I'm but a simple citizen-neither a scholar nor any longer an active soldier. I possess no special voice though I'm heavily engaged discussing these important issues daily with friends of mine (and many enemies) inside Pakistan ...
Good luck with your continuing work,
Sincerely,
Steven Pitcock
Here is Ms. Taj's reply. It's very interesting to say the least.
DEar Steven,
I thank you very much for the detailed email and appreciation my and my colleagues' work!
You are right. The Americans, in fact no humans are omnipotence. But we know people who are determined never let golden opportunities go away. Here is Waziristan the US has a golden opportunity i.e. the Muslim society in the area is supporting the US actions against the dominant public opinion in Pakistan and across the Muslim world. My Op-Ed got editorially killed a bit. I had another message from the people of Waziristan to the US, which the editor did not allow in the published piece: the US must hit each and every one of the funeral ceremonies of Al-Qaida and Taliban. You kill so many of them in one attack when they are gathered together- funeral ceremonies are one of such occasions. People of Waziristan referred to the drone attack on the funeral ceremony of KHwaz Wali, the right hand man of Baitullah Mehsud. Khwaz Wali closely coordinated with the Arabs and other alien militants. This attacks happened a few months before the one that killed Baitullah. The attack on the KHwaz Wali funeral ceremony killed so many of the Taliban and Al-Qaida, including Bilal, an important Taliban commander. People of Waziridstan wonder why the US has stopped attacking funeral ceremonies any more. If by any chance you come in contact with the US authorities who deal with the drones, kindly tell them that people of Waziristan say that funeral ceremonies are one of those occasions when so many of the monsters are in one spot and an attack on the spot would kill so and so people want relentless attacks and each and every funeral ceremonies!
The Americans have badly failed in public diplomacy across the Muslim world as can be seen in the rising anti-Americanism there. One reason, of course of this is that there is one-sided anti-US propaganda every single day. HUman beings are human being- they get affected with one sided propaganda, especially when there is no systematic US efforts to counter the propaganda-
I do not see any in Pakistan. By chance there is an opportunity in Waziristan where the Muslim society is looking favorably at the US. If the US disappoints the people of Waziristan (for whatever reason, human limitations or whatever) it wont help US anything in terms of anti-Americanism in the Muslim world.

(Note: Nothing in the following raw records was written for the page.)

-- ===== src/Tools/Math.antt =====
-- shirita-core/src/tools.rs: `eval_math`, a parser by recursive descent that computes as it reads, and
-- its handler. The arithmetic of f64 is a parameter.
pub mod Fuel
use shirita.Prelude.{
  ℕ, zero, suc, ◌+◌, ◌*◌, Option, none, some, Bool, true, false, not, ◌&&◌, ◌||◌, List, [], ◌∷◌,
  ltb, leb, ◌==◌, if◌then◌else◌, length, is_empty,
}
use shirita.Text.{Text, codes, byte_len}
use shirita.Json.{Value, number, float, object, field, end}
use shirita.Tools.{
  ToolHandler, ToolCall, ToolExecution, invalid_arguments, invalid_expression, no_control, reject,
  accept,
}
use shirita.Tools.Builtin.{str_field}

-- `f64`: its operations, `str::parse`, and the bits of a value.
pub record Floats : Type 1 where
  pub F : Type 0
  pub add : F → F → F
  pub sub : F → F → F
  pub mul : F → F → F
  pub div : F → F → F
  pub rem : F → F → F
  pub powf : F → F → F
  pub neg : F → F
  pub is_zero : F → Bool
  pub is_finite : F → Bool
  pub parse : Text → Option F
  pub bits : F → ℕ

abbrev pub max_math_expression_bytes : ℕ
max_math_expression_bytes = 4096

abbrev pub max_math_parse_depth : ℕ
max_math_parse_depth = 64

-- `u8::is_ascii_whitespace`
abbrev pub is_space : ℕ → Bool
is_space c = c == 32 || (c == 9 || (c == 10 || (c == 12 || c == 13)))

unfoldable pub ws : Text → Text
ws [] = []
ws (c ∷ s) = elim (is_space c) [ true ↦ ws s | false ↦ c ∷ s ]

-- `eat`: the text after the character, or none where another one stands there.
unfoldable pub eat : ℕ → Text → Option Text
eat c s = elim (ws s) [ [] ↦ none | d ∷ rest ↦ if d == c then some rest else none ]

abbrev pub is_digit : ℕ → Bool
is_digit c = (leb b'0' c && leb c b'9') || c == b'.'

-- The digits that the text begins with, and the rest.
unfoldable pub digits : Text → Text × Text
digits [] = ([], [])
digits (c ∷ s) = let (d, rest) = digits s in if is_digit c then (c ∷ d, rest) else ([], c ∷ s)

module _ (fl : Floats) where
  -- What is to be read: a whole expression, term, power, unary or atom, or the rest of one whose value
  -- so far is given.
  pub data Goal : Type 0 where
    expr term power unary atom : Goal
    expr_rest term_rest power_rest : fl.F → Goal

  -- The value, with the text behind it; `depth` counts the open brackets and is as it was.
  pub data Parse : Type 0 where
    no_value out_of_fuel : Parse
    value : fl.F → Text → Parse

  abbrev pub then_parse : Parse → (fl.F → Text → Parse) → Parse
  then_parse no_value k = no_value
  then_parse out_of_fuel k = out_of_fuel
  then_parse (value v s) k = k v s

  -- The number that the text begins with.
  abbrev pub number_at : Text × Text → Parse
  number_at ([], rest) = no_value
  number_at (d ∷ ds, rest) = elim (fl.parse (d ∷ ds)) [ none ↦ no_value | some v ↦ value v rest ]

  abbrev pub close : fl.F → Text → Parse
  close v s = elim (eat b')' s) [ none ↦ no_value | some rest ↦ value v rest ]

  unfoldable pub parse : ℕ → Goal → ℕ → Text → Parse
  parse zero goal depth s = out_of_fuel
  parse (suc k) expr depth s =
      then_parse (parse k term depth s) (λ v rest. parse k (expr_rest v) depth rest)
  parse (suc k) (expr_rest v) depth s = elim (eat b'+' s) [
    | some rest ↦
        then_parse (parse k term depth rest) (λ x r. parse k (expr_rest (fl.add v x)) depth r)
    | none ↦ elim (eat b'-' s) [
      | some rest ↦
          then_parse (parse k term depth rest) (λ x r. parse k (expr_rest (fl.sub v x)) depth r)
      | none ↦ value v (ws s)
    ]
  ]
  parse (suc k) term depth s =
      then_parse (parse k power depth s) (λ v rest. parse k (term_rest v) depth rest)
  parse (suc k) (term_rest v) depth s = elim (eat b'*' s) [
    | some rest ↦
        then_parse (parse k power depth rest) (λ x r. parse k (term_rest (fl.mul v x)) depth r)
    | none ↦ elim (eat b'/' s) [
      | some rest ↦ then_parse (parse k power depth rest) (λ x r. elim (fl.is_zero x) [
        | true ↦ no_value
        | false ↦ parse k (term_rest (fl.div v x)) depth r
      ])
      | none ↦ elim (eat b'%' s) [
        | some rest ↦ then_parse (parse k power depth rest) (λ x r. elim (fl.is_zero x) [
          | true ↦ no_value
          | false ↦ parse k (term_rest (fl.rem v x)) depth r
        ])
        | none ↦ value v (ws s)
      ]
    ]
  ]
  parse (suc k) power depth s =
      then_parse (parse k unary depth s) (λ v rest. parse k (power_rest v) depth rest)
  parse (suc k) (power_rest v) depth s = elim (eat b'^' s) [
    | some rest ↦ then_parse (parse k power depth rest) (λ x r. value (fl.powf v x) r)
    | none ↦ value v (ws s)
  ]
  parse (suc k) unary depth s = elim (eat b'+' s) [
    | some rest ↦ parse k unary depth rest
    | none ↦ elim (eat b'-' s) [
      | some rest ↦ then_parse (parse k unary depth rest) (λ x r. value (fl.neg x) r)
      | none ↦ parse k atom depth s
    ]
  ]
  parse (suc k) atom depth s = elim (eat b'(' s) [
    | some rest ↦ elim (ltb max_math_parse_depth (suc depth)) [
      | true ↦ no_value
      | false ↦ then_parse (parse k expr (suc depth) rest) close
    ]
    | none ↦ number_at (digits (ws s))
  ]

  -- Eight steps for each character are enough: an expression is read in at most five before one is
  -- taken.
  abbrev pub math_fuel : Text → ℕ
  math_fuel s = 8 * length s + 8

  abbrev pub finish_math : Parse → Option fl.F
  finish_math (value v s) = if is_empty (ws s) && fl.is_finite v then some v else none
  finish_math _ = none

  unfoldable pub eval_math : Text → Option fl.F
  eval_math input =
      if ltb max_math_expression_bytes (byte_len input)
      then none
      else finish_math (parse (math_fuel input) expr 0 input)

  abbrev pub answer : ToolCall → Option fl.F → ToolExecution
  answer call none = reject call invalid_expression
  answer call (some v) =
      if fl.is_finite v
      then accept call (object (field (codes "value") (number (float (fl.bits v))) end)) no_control
      else reject call invalid_expression

  -- `MathTool`
  unfoldable pub math_tool : ToolHandler
  math_tool moment call = elim (str_field call.arguments (codes "expression")) [
    | none ↦ reject call invalid_arguments
    | some e ↦
        if leb (byte_len e) max_math_expression_bytes
        then answer call (eval_math e)
        else reject call invalid_arguments
  ]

I am getting so many emails from Muslim in different countries in response to my this Op-Ed- they say that I have rightly pointed out the root cause of the security problem in the Muslim world i.e. Al-Qaida is strategic asset of the US, which it is relating from one Muslim society to another. The perception would be greatly challenged if people of Waziristan argue differently following the US elimination of Al-Qaida and Taliban on their soil.
By eliminating of Al-Qaida and Taliban, they mean, destroy their training camps, headquarters, their weapons storages, their vehicles including Haqni's terror sectariat in North Waziristan, and kill their top and middle level leaders, preferably along with all adult male heirs of Al-Qaid and Taliban, both Pakhtun ad Punjabi.
In terms of civilian causalities- the terrorists are careful now. They no more keep their families close to them. The only thing that people of Waziristan say is bothersome about the drone attacks is loud sound of the explosions which scares their children.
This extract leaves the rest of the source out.